So essentially he says that the manufacturer of the product he uses doesn't know what they are talking about?

You may have to cut your losses with this guy and find another one if you want a good final product. This guy is a moron.

The" Its not me its everyone else " mentality will not get this guy very far.

It will cost you some extra but that may be worth it rather than have this guy do more bad work in your house.


----------



## Just Bill (Dec 21, 2008)

Final screening(buffer type machine) with about 120 screen is needed for stain. To see what it will his current job will look like, wipe with some paint thinner, you will see every sand mark. Certainly not what you want to see AFTER the stain is applied.


----------



## TheFloorGuy (May 21, 2009)

K this thread irritated me enough i registered just to complain. (complete fluke i found this) Umm yah That guy is a complete RETARD saying that! I am and have been a Refinisher for 5+ years. You ESPECIALLY NEVER EVER use that process with stain. Just another Lazy hack. I would make him hire a REAL professional at his own expense to have it done right.


----------



## TheFloorGuy (May 21, 2009)

Oh by the way, NO finish dries in just 30 minutes Theres ABsolutely no way 3 coats of poly or waterbased can go down in 30 minutes. He probably didn't even vaccuum the dust up before he applied whatever it is he did apply. The only way Water based is ever "AS GOOD" as oil based is if you spend 80-100 bucks a gallon for it. That cheap off the shelf stuff is junk.

If you have any other questions feel free to e-mail me as i most likley won't visit here often. [email protected]


----------



## StevenSmith (May 20, 2009)

Thanks again for the replies. Is there anything to his argument that a final sanding of a grit finer than 60 will close the pores so the stain and polyurethan won't penetrate into the wood? What about his claim that his method results in a more durable finish?


----------



## Buttersdad (May 22, 2009)

*complete rush job*

I was raised in this business and this is the ultimate hit it and quit it rush job. Top flight finishing companies with sophisticated air cleaners and workers with lint free suits wouldn't dream of going so fast. Just like any finished product the end result is only as good as the care taken in preparation. This guy was counting on a thick applicatioin of goo to mask the totally inadequate prep. For the glass-like floors you were looking for-once old finish and surface blemishes were removed progressively finer grits (100,120, 150 or finer) must be used-preferably with a high level of dust control. Then the surface cleaned-only when the room is free of sanding residue and the surfaces and air are as clean as they can be made should coloring and sealing begin-which depending upon the hardness of the wood may or may not start with a sanding sealer which has to dry, before the stain which has to dry before the first coat of finish which has to dry hard and may be buffed before a second coat, etc. you get the idea, honestly when done right it can take a week. Thats why the guys who do it right cost so much


----------



## pinwheel45 (May 23, 2009)

StevenSmith said:


> Thanks again for the replies. Is there anything to his argument that a final sanding of a grit finer than 60 will close the pores so the stain and polyurethan won't penetrate into the wood? What about his claim that his method results in a more durable finish?

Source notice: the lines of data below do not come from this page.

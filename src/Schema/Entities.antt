-- ===== src/Schema/Entities.antt =====
-- What the entities' decorators ask of the database: outbox/outbox-event.entity.ts,
-- ingestion/entities/file-transfer.entity.ts, auth/entities/user.entity.ts,
-- events/entities/event-subscription.entity.ts and quota/tenant-usage.entity.ts. TypeORM writes
-- `int` as integer and `simple-array` as text, and names an enum `<table>_<column>_enum`.
use basket_shared.Prelude.{
  Bool, true, false, ◌==◌, ◌&&◌, List, [], ◌∷◌, any, filter, not, Text, text, text_eq,
}
use basket_shared.Schema.{
  EnumType, ColumnType, uuid, varchar, text_type, bigint, integer, boolean, timestamptz, jsonb,
  enum, Default, no_default, uuid_generate_v4, now, literal, Column, Index, Schema, every,
}
use basket_shared.Schema.Migrations.{required, defaulted, optional, generated_id, stamped}

-- A class with `@Entity`: its columns, those of `@Index` with the index's name and whether it is
-- unique, the enums of its columns, with their values in order, and the primary column.
pub record Entity : Type 0 where
  pub name : Text
  pub columns : List Column
  pub indexes : List Index
  pub enums : List EnumType
  pub primary : Text

-- `@Index(name, { unique })` on a column
abbrev index_of : Text → Text → Bool → Text → Index
index_of table n unique c = record {
  name = n;
  table = table;
  columns = c ∷ [];
  unique = unique;
  primary = false;
}

abbrev pub file_transfer_entity : Entity
file_transfer_entity = record {
  name = text "file_transfers";
  columns =
      generated_id
      ∷ required (text "idempotency_key") (varchar 128)
      ∷ required (text "filename") (varchar 1024)
      ∷ required (text "virtual_path") (varchar 2048)
      ∷ required (text "source_path") (varchar 2048)
      ∷ optional (text "object_key") (varchar 2048)
      ∷ required (text "bucket") (varchar 255)
      ∷ required (text "size_bytes") bigint
      ∷ optional (text "etag") (varchar 255)
      ∷ optional (text "checksum_sha256") (varchar 64)
      ∷ defaulted (text "encrypted") boolean (literal (text "false"))
      ∷ optional (text "wrapped_dek") text_type
      ∷ defaulted (text "status") (enum (text "file_transfers_status_enum"))
          (literal (text "PENDING"))
      ∷ defaulted (text "attempts") integer (literal (text "0"))
      ∷ optional (text "error_log") text_type
      ∷ defaulted (text "tenant_id") (varchar 100) (literal (text "default"))
      ∷ required (text "username") (varchar 255)
      ∷ optional (text "protocol") (varchar 32)
      ∷ optional (text "session_id") (varchar 255)
      ∷ stamped (text "created_at")
      ∷ stamped (text "updated_at")
      ∷ [];
  indexes =
      index_of (text "file_transfers") (text "uq_file_transfers_idempotency_key") true
        (text "idempotency_key")
      ∷ index_of (text "file_transfers") (text "idx_file_transfers_status") false (text "status")
      ∷ index_of (text "file_transfers") (text "idx_file_transfers_tenant") false (text "tenant_id")
      ∷ [];
  enums =
      record {
        name = text "file_transfers_status_enum";
        values = text "PENDING" ∷ text "PROCESSING" ∷ text "SUCCESS" ∷ text "FAILED" ∷ [];
      }
      ∷ [];
  primary = text "id";
}

abbrev pub user_entity : Entity
user_entity = record {
  name = text "users";
  columns =
      generated_id
      ∷ required (text "username") (varchar 255)
      ∷ required (text "password_hash") (varchar 255)
      ∷ defaulted (text "tenant_id") (varchar 100) (literal (text "default"))
      ∷ required (text "roles") text_type
      ∷ stamped (text "created_at")
      ∷ stamped (text "updated_at")
      ∷ [];
  indexes = index_of (text "users") (text "uq_users_username") true (text "username") ∷ [];
  enums = [];
  primary = text "id";
}

abbrev pub outbox_event_entity : Entity
outbox_event_entity = record {
  name = text "outbox_events";
  columns =
      generated_id
      ∷ required (text "aggregate_id") uuid
      ∷ required (text "type") (varchar 100)
      ∷ required (text "payload") jsonb
      ∷ defaulted (text "status") (enum (text "outbox_events_status_enum"))
          (literal (text "PENDING"))
      ∷ defaulted (text "attempts") integer (literal (text "0"))
      ∷ stamped (text "created_at")
      ∷ optional (text "published_at") timestamptz
      ∷ [];
  indexes = index_of (text "outbox_events") (text "idx_outbox_status") false (text "status") ∷ [];
  enums =
      record {
        name = text "outbox_events_status_enum";
        values = text "PENDING" ∷ text "PUBLISHED" ∷ [];
      }
      ∷ [];
  primary = text "id";
}

abbrev pub event_subscription_entity : Entity
event_subscription_entity = record {
  name = text "event_subscriptions";
  columns =
      generated_id
      ∷ required (text "tenant_id") (varchar 100)
      ∷ required (text "url") (varchar 2048)
      ∷ required (text "events") text_type
      ∷ required (text "secret") (varchar 255)
      ∷ defaulted (text "active") boolean (literal (text "true"))
      ∷ stamped (text "created_at")
      ∷ [];
  indexes =
      index_of (text "event_subscriptions") (text "idx_event_subs_tenant") false (text "tenant_id")
      ∷ [];
  enums = [];
  primary = text "id";
}

abbrev pub tenant_usage_entity : Entity
tenant_usage_entity = record {
  name = text "tenant_usage";
  columns =
      required (text "tenant_id") (varchar 100)
      ∷ defaulted (text "object_count") bigint (literal (text "0"))
      ∷ defaulted (text "bytes_stored") bigint (literal (text "0"))
      ∷ stamped (text "updated_at")
      ∷ [];
  indexes = [];
  enums = [];
  primary = text "tenant_id";
}

abbrev pub entities : List Entity
entities =
    file_transfer_entity ∷ user_entity ∷ outbox_event_entity ∷ event_subscription_entity
    ∷ tenant_usage_entity ∷ []

abbrev same_type : ColumnType → ColumnType → Bool
same_type uuid uuid = true
same_type (varchar n) (varchar m) = n == m
same_type text_type text_type = true
same_type bigint bigint = true
same_type integer integer = true
same_type boolean boolean = true
same_type timestamptz timestamptz = true
same_type jsonb jsonb = true
same_type (enum a) (enum b) = text_eq a b
same_type _ _ = false

abbrev same_default : Default → Default → Bool
same_default no_default no_default = true
same_default uuid_generate_v4 uuid_generate_v4 = true
same_default now now = true
same_default (literal a) (literal b) = text_eq a b
same_default _ _ = false

abbrev same_bool : Bool → Bool → Bool
same_bool true b = b
same_bool false b = not b

abbrev pub same_column : Column → Column → Bool
same_column a b =
    text_eq a.name b.name
    && same_type a.type b.type
    && same_bool a.not_null b.not_null
    && same_default a.default b.default

abbrev pub same_texts : List Text → List Text → Bool
same_texts [] [] = true
same_texts (a ∷ s) (b ∷ t) = text_eq a b && same_texts s t
same_texts _ _ = false

abbrev pub same_index : Index → Index → Bool
same_index a b =
    text_eq a.name b.name
    && text_eq a.table b.table
    && same_texts a.columns b.columns
    && same_bool a.unique b.unique
    && same_bool a.primary b.primary

-- Two lists with the same elements.
abbrev pub same_set {ℓ} : {A : Type ℓ} → (A → A → Bool) → List A → List A → Bool
same_set same s t = every (λ a. any (same a) t) s && every (λ b. any (same b) s) t

abbrev pub same_enum : EnumType → EnumType → Bool
same_enum a b = text_eq a.name b.name && same_texts a.values b.values

-- The table of the entity has the entity's columns, its indexes, its primary key, and no others.
abbrev pub has_table_of : Schema → Entity → Bool
has_table_of s e =
    any (λ t. text_eq t.name e.name && same_set same_column t.columns e.columns) s.tables
    && same_set same_index (filter (λ i. text_eq i.table e.name && not i.primary) s.indexes)
        e.indexes
    && any (λ i. text_eq i.table e.name && (i.primary && same_texts i.columns (e.primary ∷ [])))
        s.indexes

-- The enum types of the entity are there, with its values in its order.
abbrev pub has_enums_of : Schema → Entity → Bool
has_enums_of s e = every (λ x. any (same_enum x) s.types) e.enums

abbrev pub is_mapped : Schema → Entity → Bool
is_mapped s e = has_table_of s e && has_enums_of s e
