-- ===== src/Schema/Reverting.antt =====
-- The migrations of database/migrations, applied and taken back.
use basket_shared.Prelude.{
  ℕ, zero, suc, Bool, true, ◌&&◌, List, [], ◌∷◌, ◌++◌, take, ◌≡◌, refl, sym, ap, subst, text_eq,
  ◌∙◌, arith,
}
use basket_shared.Schema.{
  Schema, empty, Statement, Outcome, done, failed, run, after, perform, every,
}
use basket_shared.Schema.Migrations.{Migration, ups, downs, migrations}
use basket_shared.Schema.Beside.{beside, are_free, run-are_free}

-- No name in the migrations is in use in the schema.
abbrev pub is_foreign : Schema → List Migration → Bool
is_foreign r ms = every (λ m. are_free r m.up && are_free r m.down) ms

-- Each migration succeeds after those before it, and is undone by its `down`.
abbrev Reverts : Schema → List Migration → Type 0
Reverts s [] = Unit {0}
Reverts s (m ∷ ms) = (t : Schema) × (run m.up s ≡ done t) × (run m.down t ≡ done s) × Reverts t ms

run-append :
    (qs ps : List Statement) (s : Schema) → run (qs ++ ps) s ≡ after (run qs s) (λ t. run ps t)
run-append [] ps s = refl
run-append (q ∷ qs) ps s = after_append qs ps (λ t. run-append qs ps t) (perform q s)
  where
    after_append :
        (qs ps : List Statement)
        → ((t : Schema) → run (qs ++ ps) t ≡ after (run qs t) (λ u. run ps u))
        → (o : Outcome)
        → after o (λ t. run (qs ++ ps) t) ≡ after (after o (λ t. run qs t)) (λ t. run ps t)
    after_append qs ps rest (done t) = rest t
    after_append qs ps rest (failed e) = refl

Reverts-take : (k : ℕ) (ms : List Migration) (s : Schema) → Reverts s ms → Reverts s (take k ms)
Reverts-take zero ms s h = tt
Reverts-take (suc k) [] s h = tt
Reverts-take (suc k) (m ∷ ms) s (t, up, down, h) = (t, up, down, Reverts-take k ms t h)

Reverts-beside :
    (r : Schema) (ms : List Migration) (s : Schema)
    → is_foreign r ms ≡ true
    → Reverts s ms
    → Reverts (beside r s) ms
Reverts-beside r [] s free h = tt
Reverts-beside r (m ∷ ms) s free (t, up, down, h) = (
  beside r t,
  run-are_free r m.up s t (ground arith) up,
  run-are_free r m.down t s (ground arith) down,
  Reverts-beside r ms t (ground arith) h,
)

downs-ups_of_Reverts :
    (ms : List Migration) (s : Schema)
    → Reverts s ms
    → (t : Schema) × (run (ups ms) s ≡ done t) × (run (downs ms) t ≡ done s)
downs-ups_of_Reverts [] s h = (s, refl, refl)
downs-ups_of_Reverts (m ∷ ms) s (t, up, down, h) =
    let (u, ran, back) = downs-ups_of_Reverts ms t h in
    (u, run-append m.up (ups ms) s ∙ rw up ran, run-append (downs ms) m.down u ∙ rw back down)

migrations-Reverts : Reverts empty migrations
unfolding perform text_eq
migrations-Reverts = (
  _,
  refl,
  refl,
  (
    _,
    refl,
    refl,
    (
      _,
      refl,
      refl,
      (_, refl, refl, (_, refl, refl, (_, refl, refl, (_, refl, refl, (_, refl, refl, tt))))),
    ),
  ),
)

-- A schema with the extension is the schema beside one that has only the extension.
pub beside-empty : (r : Schema) → r.uuid_ossp ≡ true → beside r empty ≡ r
beside-empty r h = ap (λ b. record r { uuid_ossp = b }) (sym h)

-- On a schema with the extension uuid-ossp in which no name of the migrations is in use, any number
-- of them succeed one after another, oldest first, and taken back from the last to the first they leave the schema as it was.
pub downs-ups :
    (k : ℕ) (r : Schema)
    → r.uuid_ossp ≡ true
    → is_foreign r migrations ≡ true
    → (t : Schema) × (run (ups (take k migrations)) r ≡ done t)
      × (run (downs (take k migrations)) t ≡ done r)
downs-ups k r there free = downs-ups_of_Reverts (take k migrations) r (
    Reverts-take k migrations r (
      subst (λ s. Reverts s migrations) (beside-empty r there)
        (Reverts-beside r migrations empty free migrations-Reverts)))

No truth at all. To quote someone else, "lazy hack"

I make my living sanding hardwood floors. I'm primarily an oil base poly guy. Here's my process. Drum sand down to no less than 80 grit. Stain, varnish allow to dry over night. Sandscreen with 120 grit sand screen. Vaccum, tack dust with mineral spirit wet rag, apply second coat. Repeat between 2nd & 3rd coat.

If using waterborne, don't use a sandscreen on a buffer between coats or you'll see swirl scratches through finish. 3 coats minimum, preferably 4.

If you want to try to salvage the floors without resanding, you first need to get them relatively smooth again. Go to the local rental yard & rent a vibrating sander with 120 or 150 grit sand screen. Don't get totally carried away on the first sanding or you'll sand through the stain. Once semi smooth,vaccum & tack with water wet tack rag. Apply a coat of waterborne finish, being sure to always keep a wet edge. Once dry, sand again with the sander & repeat the previous finishing steps. Once dry, if it's smooth, tack & finish again.

You're probably not going to get the perfect floor this way, but if he done a decent job down to 60 grit, you can probably salvage it & let the finish do most of the smoothing for you.


----------



## What have I done (May 28, 2006)

so did he come and apply another coat? how did it turn out in the end?


----------



## nap (Dec 4, 2007)

What have I done said:


> so did he come and apply another coat? how did it turn out in the end?


while I won't say it won't happen but this thread is almost a year and a half old so it is likely the OP isn't going to return, especially that he has a sum total of 3 posts, which are all in this thread.

if you care to contact the OP, you might check his profile to see if he has any contact info there.


----------